No kinder people and no crueler

This is my review of For Whom The Bell Tolls by Ernest Hemingway.

Idealistic American Robert Jordan has joined an International Brigade fighting the fascists in 1930s Spain, although this means accepting orders from Russian Communists. He is ordered to destroy a bridge in the mountains, despite the lack of resources and an effective communication system. Can he trust Pablo, the brutal, now disillusioned leader of the republican guerrilla group on whom he must rely?

Although Hemingway was clearly excited by the risk-taking and violence of battle and bullfighting, and there are many tense moments in this novel, you may be disappointed if a pure action thriller is what you have in mind. The density of the prose, with the constant switches of thought, new ideas and unusual modes of expression slow the reader down, even at the moments when the suspense drives you to keep turning the pages.

Drawing on his first-hand experience as a journalist covering the Spanish Civil War, Hemingway was keen to explore it from many angles, such as the incompetence of officers at all levels, or the fact that committing atrocities was not confined to the fascists. The female guerrilla Pilar (who, despite being tough, takes on the cooking), describes in vivid detail how all the men of property in a captured town were assumed to be fascist and forced across the square over a precipice: it is a shock to learn that this was based on real events in the now picturesque tourist centre of Ronda. Hemingway attributes Spanish violence to the fact `this was the only country the reformation never reached…Forgiveness is a Christian idea and Spain has never been a Christian country'.

Hemingway also takes Robert into repetitious stream-of-consciousness reveries over the meaning of life, and how best to spend what may be one's last three days. My idea of Hemingway as the master of the minimalist, pared-down style was shattered by the wearisome detail of many descriptions, from eating a sandwich with onions to constructing a makeshift bed or loading a gun. I grew tired of Robert running his hand through the `wheatfield' of his lover Maria's cropped hair. The frequent references to drinking wine, whisky and absinthe are also a bit repetitive, perhaps reflecting Hemingway's own reputation as a heavy drinker. Sometimes, the great outpouring of words, in particular hyphenated adjectives like `empty-calm' reminds me of Dylan Thomas and is perhaps the product of a creativity loosened by alcohol.

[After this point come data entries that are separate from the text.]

-- ===== src/Scheduler/Tests/Grants.antt =====
-- Time advances, with and without a grant.
use omnetpp_federate.Prelude.{ℕ, ◌≡◌, refl, true, false, some, List, [], ◌∷◌, arith}
use omnetpp_federate.Prelude.Int.{pos}
use omnetpp_federate.Channel.Types.{cmd_advance_time, cmd_next_event, cmd_end}
use omnetpp_federate.Scheduler.Simulation.{Event}
use omnetpp_federate.Scheduler.{
  Scheduler, receive_interactions, dispatch, process_shut_down, process_advance_time,
  end_time_advance, report_next_event,
}
use omnetpp_federate.Scheduler.Take.{taken, take_next_event}
use omnetpp_federate.Scheduler.Protocol.{TakenTalked, take_next_event-Talked}
use omnetpp_federate.Scheduler.Grant.{WithinGrant, take_next_event-WithinGrant}
use omnetpp_federate.Scheduler.Progress.{
  Waits, granted, waited, asked, take_next_event-granted, take_next_event-beyond_grant,
}
use omnetpp_federate.Scheduler.Tests.{
  Fes, Item, beacon, early, junk, kernel, kernel-KernelLaws, kernel-LiveLaws, late, place, scripted,
  shut, a_cmd, a_time,
}

take_next_event-WithinGrant_example :
    WithinGrant kernel (take_next_event kernel scripted junk 1000 9 early)
take_next_event-WithinGrant_example =
    take_next_event-WithinGrant kernel kernel-KernelLaws kernel-LiveLaws scripted junk 1000 9 early
      refl (refl, tt) refl

waits : Waits kernel scripted junk 1 (asked kernel scripted 1000 5000 early) late
unfolding receive_interactions dispatch process_shut_down process_advance_time end_time_advance
    report_next_event place
waits =
    waited
      {t = record late {
        ambassador_federate = a_cmd cmd_advance_time ∷ a_time (pos 5) ∷ [];
        current_max_sim_time = 1000;
        time_advancing = false;
      }}
      refl refl (granted refl refl)

take_next_event-granted_example :
    (first : Event ℕ ℕ) × (some shut ≡ some first)
    × (take_next_event kernel scripted junk 1000 4 early
        ≡ taken first (record late { fes = beacon ∷ [] }))
    × (late.federate_ambassador
        ≡ a_cmd cmd_next_event ∷ a_time (pos 5000) ∷ a_cmd cmd_end ∷ a_time (pos 1000) ∷ [])
take_next_event-granted_example =
    take_next_event-granted kernel scripted junk kernel-KernelLaws kernel-LiveLaws 1000 2 1 early
      late beacon refl (refl, tt) refl refl refl waits refl (omega arith)

-- The grant is closed, the event at 5 ns is waiting, and the ambassador grants 1 ns.
abbrev closed : Scheduler ℕ Fes (List Item)
closed = record early {
  ambassador_federate = a_cmd cmd_advance_time ∷ a_time (pos 1) ∷ [];
  time_advancing = false;
}

take_next_event-beyond_grant_example :
    (take_next_event kernel scripted junk 1000 2 closed
      ≡ taken beacon (record closed { ambassador_federate = []; time_advancing = true; fes = [] }))
    × ¬ WithinGrant kernel (take_next_event kernel scripted junk 1000 2 closed)
unfolding receive_interactions dispatch process_advance_time
take_next_event-beyond_grant_example =
    take_next_event-beyond_grant kernel scripted junk kernel-KernelLaws kernel-LiveLaws 1000 0
      closed (record closed { ambassador_federate = []; time_advancing = true }) beacon refl refl
      refl refl refl (refl, tt) refl refl

take_next_event-Talked_example :
    TakenTalked kernel scripted junk 1000 early (take_next_event kernel scripted junk 1000 9 early)
take_next_event-Talked_example = take_next_event-Talked kernel scripted junk 1000 9 early
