-- ===== src/App/Screen.antt =====
-- Code: frontend/src/App.tsx, frontend/src/components/LogViewer.tsx, NavTabs.tsx and StatusBar.tsx.
-- What the page shows in a state: the status bar, the part for the tab, and the tabs.
use vps_dashboard.Common.{
  ℕ, String, Bool, true, false, ◌&&◌, Option, none, some, List, [], ◌∷◌, ◌==◌, leb, if◌then◌else◌,
  Text, codes, is_empty, length,
}
use vps_dashboard.Types.{
  TabId, home, metrics, containers, logs, settings, ConnectionState, connecting, connected,
  disconnected, ContainerInfo, ContainerStats, HostMetrics, MetricsFrame,
}
use vps_dashboard.App.{AppState, selected_name, connection_label}

-- The viewer's header, banner and lines; `waiting` is the text for no lines yet.
pub record LogPane : Type 0 where
  pub name : Text
  pub live : Bool
  pub badge : Text
  pub banner : Option Text
  pub waiting : Bool
  pub rows : List Text

pub data LogView : Type 0 where
  -- the invitation to select a container
  nothing_selected : LogView
  pane : LogPane → LogView

-- A missing or empty text is falsy.
abbrev pub truthy : Option Text → Option Text
truthy none = none
truthy (some t) = if is_empty t then none else some t

abbrev is_absent : Option Text → Bool
is_absent none = true
is_absent (some t) = false

abbrev pane_of : Option Text → List Text → Bool → Option Text → LogView
pane_of none rows streaming error = nothing_selected
pane_of (some name) rows streaming error = pane (record {
  name = name;
  live = streaming;
  badge = if streaming then codes "STREAMING" else codes "IDLE";
  banner = error;
  waiting = length rows == 0 && is_absent error;
  rows = rows;
})

unfoldable pub log_viewer : Option Text → List Text → Bool → Option Text → LogView
log_viewer name rows streaming error = pane_of (truthy name) rows streaming (truthy error)

pub record NavButton : Type 0 where
  pub id : TabId
  pub label : String
  pub icon : String
  pub active : Bool

abbrev pub same_tab : TabId → TabId → Bool
same_tab home home = true
same_tab metrics metrics = true
same_tab containers containers = true
same_tab logs logs = true
same_tab settings settings = true
same_tab a b = false

abbrev nav_button : TabId → TabId → String → String → NavButton
nav_button shown id label icon = record {
  id = id;
  label = label;
  icon = icon;
  active = same_tab shown id;
}

unfoldable pub nav_tabs : TabId → List NavButton
nav_tabs shown =
    nav_button shown home "Home" "⌂"
    ∷ nav_button shown metrics "Metrics" "◫"
    ∷ nav_button shown containers "Containers" "⬡"
    ∷ nav_button shown logs "Logs" "›_"
    ∷ nav_button shown settings "Settings" "⚙"
    ∷ []

-- `status-dot--${connection}`
abbrev dot_class : ConnectionState → String
dot_class connected = "status-dot--connected"
dot_class connecting = "status-dot--connecting"
dot_class disconnected = "status-dot--disconnected"

pub record StatusBar : Type 0 where
  pub dot : String
  pub label : String

unfoldable pub status_bar : ConnectionState → StatusBar
status_bar link = record { dot = dot_class link; label = connection_label link }

abbrev is_connected : ConnectionState → Bool
is_connected connected = true
is_connected connecting = false
is_connected disconnected = false

-- What `useContainers` gives.
pub record Containers : Type 0 where
  pub containers : List ContainerInfo
  pub loading : Bool
  pub error : Option String

module _ {N : Type 0} where
  abbrev host_of : Option (MetricsFrame N) → Option (HostMetrics N)
  host_of none = none
  host_of (some frame) = some frame.host

  abbrev stats_of : Option (MetricsFrame N) → List (ContainerStats N)
  stats_of none = []
  stats_of (some frame) = frame.containers

-- The part of the page for the tab, with the properties that it is given.
pub data Main (N : Type 0) : Type 0 where
  on_home : Option (HostMetrics N) → Containers → List (ContainerStats N) → String → Bool → Main N
  on_metrics : Option (HostMetrics N) → Bool → Main N
  on_containers : Containers → List (ContainerStats N) → Option String → Main N
  on_logs : LogView → Main N
  on_settings : Main N

pub record Screen (N : Type 0) : Type 0 where
  pub wide : Bool
  pub status : StatusBar
  pub main : Main N
  pub nav : List NavButton

module _ {N : Type 0} where
  abbrev pub main_of :
      TabId → AppState → Containers → Option (MetricsFrame N) → ConnectionState → Main N
  main_of home s cs frame link =
      on_home (host_of frame) cs (stats_of frame) (connection_label link) (is_connected link)
  main_of metrics s cs frame link = on_metrics (host_of frame) (is_connected link)
  main_of containers s cs frame link = on_containers cs (stats_of frame) s.selected
  main_of logs s cs frame link =
      on_logs (
        log_viewer (selected_name cs.containers s.selected) s.log.lines s.log.streaming s.log.error)
  main_of settings s cs frame link = on_settings

  unfoldable pub screen :
      ℕ → AppState → Containers → Option (MetricsFrame N) → ConnectionState → Screen N
  screen width s cs frame link = record {
    wide = leb 768 width;
    status = status_bar link;
    main = main_of s.tab s cs frame link;
    nav = nav_tabs s.tab;
  }
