-- ===== src/App/Streams.antt =====
-- Code: frontend/src/App.tsx with frontend/src/hooks/useLogStream.ts.
-- Which streams are read while which tab is shown.
use vps_dashboard.Common.{
  ℕ, ◌≡◌, ◌≢◌, refl, ap, sym, ◌∙◌, String, Bool, true, false, Option, none, some, Text, ◌==◌,
  if◌then◌else◌, Bool-cases, inl, inr,
}
use vps_dashboard.Types.{TabId, home, metrics, containers, logs, settings}
use vps_dashboard.LogStream.Session
use vps_dashboard.LogStream.Session.{
  LogState, Outcome, abort_error, reading, aborted, settled, Phase, start, stop, receive, settle,
  Reach, Reach_lem,
}
use vps_dashboard.App.{
  AppState, container_of, log_container, same_container, begin, follow, set_tab, select_container,
  show, app_act, AppReach, here, acted, line, left, left_aborted,
}

begin-Reach : (after : Option String) (log : LogState) → Reach log → Reach (begin after log)
begin-Reach none log r = r
begin-Reach (some id) log r = Session.next r Session.started

follow-Reach :
    (before after : Option String) (log : LogState) → Reach log → Reach (follow before after log)
unfolding follow
follow-Reach before after log r = choose (same_container before after)
  where
    choose : (b : Bool) → Reach (if b then log else begin after (stop log))
    choose true = r
    choose false = begin-Reach after (stop log) (Session.next r Session.stopped)

abbrev IsQuiet : Option String → LogState → Type 0
IsQuiet container log = container ≡ none → (i : ℕ) → log.phase i ≢ reading

follow-IsQuiet :
    (before after : Option String) (log : LogState)
    → Reach log
    → IsQuiet before log
    → IsQuiet after (follow before after log)
unfolding follow
follow-IsQuiet none none log r quiet e = quiet refl
follow-IsQuiet (some id) none log r quiet e = (Reach_lem log r).2
follow-IsQuiet before (some id) log r quiet e = cc

settle-phase :
    (log : LogState) (i j : ℕ) (outcome : Outcome)
    → (settle log i outcome).phase j ≡ reading
    → log.phase j ≡ reading
unfolding settle
settle-phase log i j outcome h = elim (Bool-cases (j == i)) [
  | inl same ↦ absurd (cc (ap (λ b. if b then settled else log.phase j) same, h))
  | inr other ↦ sym (ap (λ b. if b then settled else log.phase j) other) ∙ h
]

receive-phase : (log : LogState) (text : Text) (j : ℕ) → (receive log text).phase j ≡ log.phase j
unfolding receive
receive-phase log text j = refl

-- The log stream of the page is in a state of the hook, and quiet where no container is given.
state-lem : (s : AppState) → AppReach s → Reach s.log × IsQuiet (log_container s) s.log
unfolding app_act show
state-lem s here = (Session.here, λ e i. cc)
state-lem s (acted {s = t} (set_tab tab) r) =
    let h = state-lem t r in
    (
      follow-Reach (log_container t) (container_of tab t.selected) t.log h.0,
      follow-IsQuiet (log_container t) (container_of tab t.selected) t.log h.0 h.1,
    )
state-lem s (acted {s = t} (select_container id) r) =
    let h = state-lem t r in
    (
      follow-Reach (log_container t) (some id) t.log h.0,
      follow-IsQuiet (log_container t) (some id) t.log h.0 h.1,
    )
state-lem s (line {s = t} i text k r) =
    let h = state-lem t r in
    (
      Session.next h.0 (Session.line i text k),
      λ e j now. h.1 e j (sym (receive-phase t.log text j) ∙ now),
    )
state-lem s (left {s = t} i outcome k r) =
    let h = state-lem t r in
    (
      Session.next h.0 (Session.left i outcome k),
      λ e j now. h.1 e j (settle-phase t.log i j outcome now),
    )
state-lem s (left_aborted {s = t} i k r) =
    let h = state-lem t r in
    (
      Session.next h.0 (Session.left_aborted i k),
      λ e j now. h.1 e j (settle-phase t.log i j abort_error now),
    )

-- The log hook of a reached page is in a state that the hook reaches.
pub log-Reach : (s : AppState) → AppReach s → Reach s.log
log-Reach s r = (state-lem s r).0

given :
    (tab : TabId) (selected : Option String)
    → container_of tab selected ≢ none
    → (tab ≡ logs) × ((id : String) × (selected ≡ some id))
given logs (some id) h = (refl, (id, refl))
given logs none h = absurd (h refl)
given home selected h = absurd (h refl)
given metrics selected h = absurd (h refl)
given containers selected h = absurd (h refl)
given settings selected h = absurd (h refl)

-- In every state that the page reaches, a log stream is read only while the tab of the logs is
-- shown and a container is selected, and it is the stream that stop would abort.
pub streams_only_logs :
    (s : AppState) (i : ℕ)
    → AppReach s
    → s.log.phase i ≡ reading
    → (s.tab ≡ logs) × ((id : String) × (s.selected ≡ some id)) × (s.log.current ≡ some i)
streams_only_logs s i r h =
    let l = state-lem s r in
    let tab = given s.tab s.selected (λ e. l.1 e i h) in (tab.0, tab.1, (Reach_lem s.log l.0).0 i h)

In a dialogue that is often amusing, the speech of the guerrillas is very odd, a stilted style of remarkable sophistication, peppered with `thees' and `thous'. Can you imagine a gypsy saying, `Thou art a veritable phenomenon'? Then there is the exaggerated blasphemy, `I obscenity in the milk of my shame', oaths at times shortened to `Thy mother!'

This is a masterpiece, if a little dated, as in the submissive character of Maria, and despite passages of violence which are hard to stomach. Most poignant of all is the knowledge that all this courage and sacrifice were in vain since the republicans lost.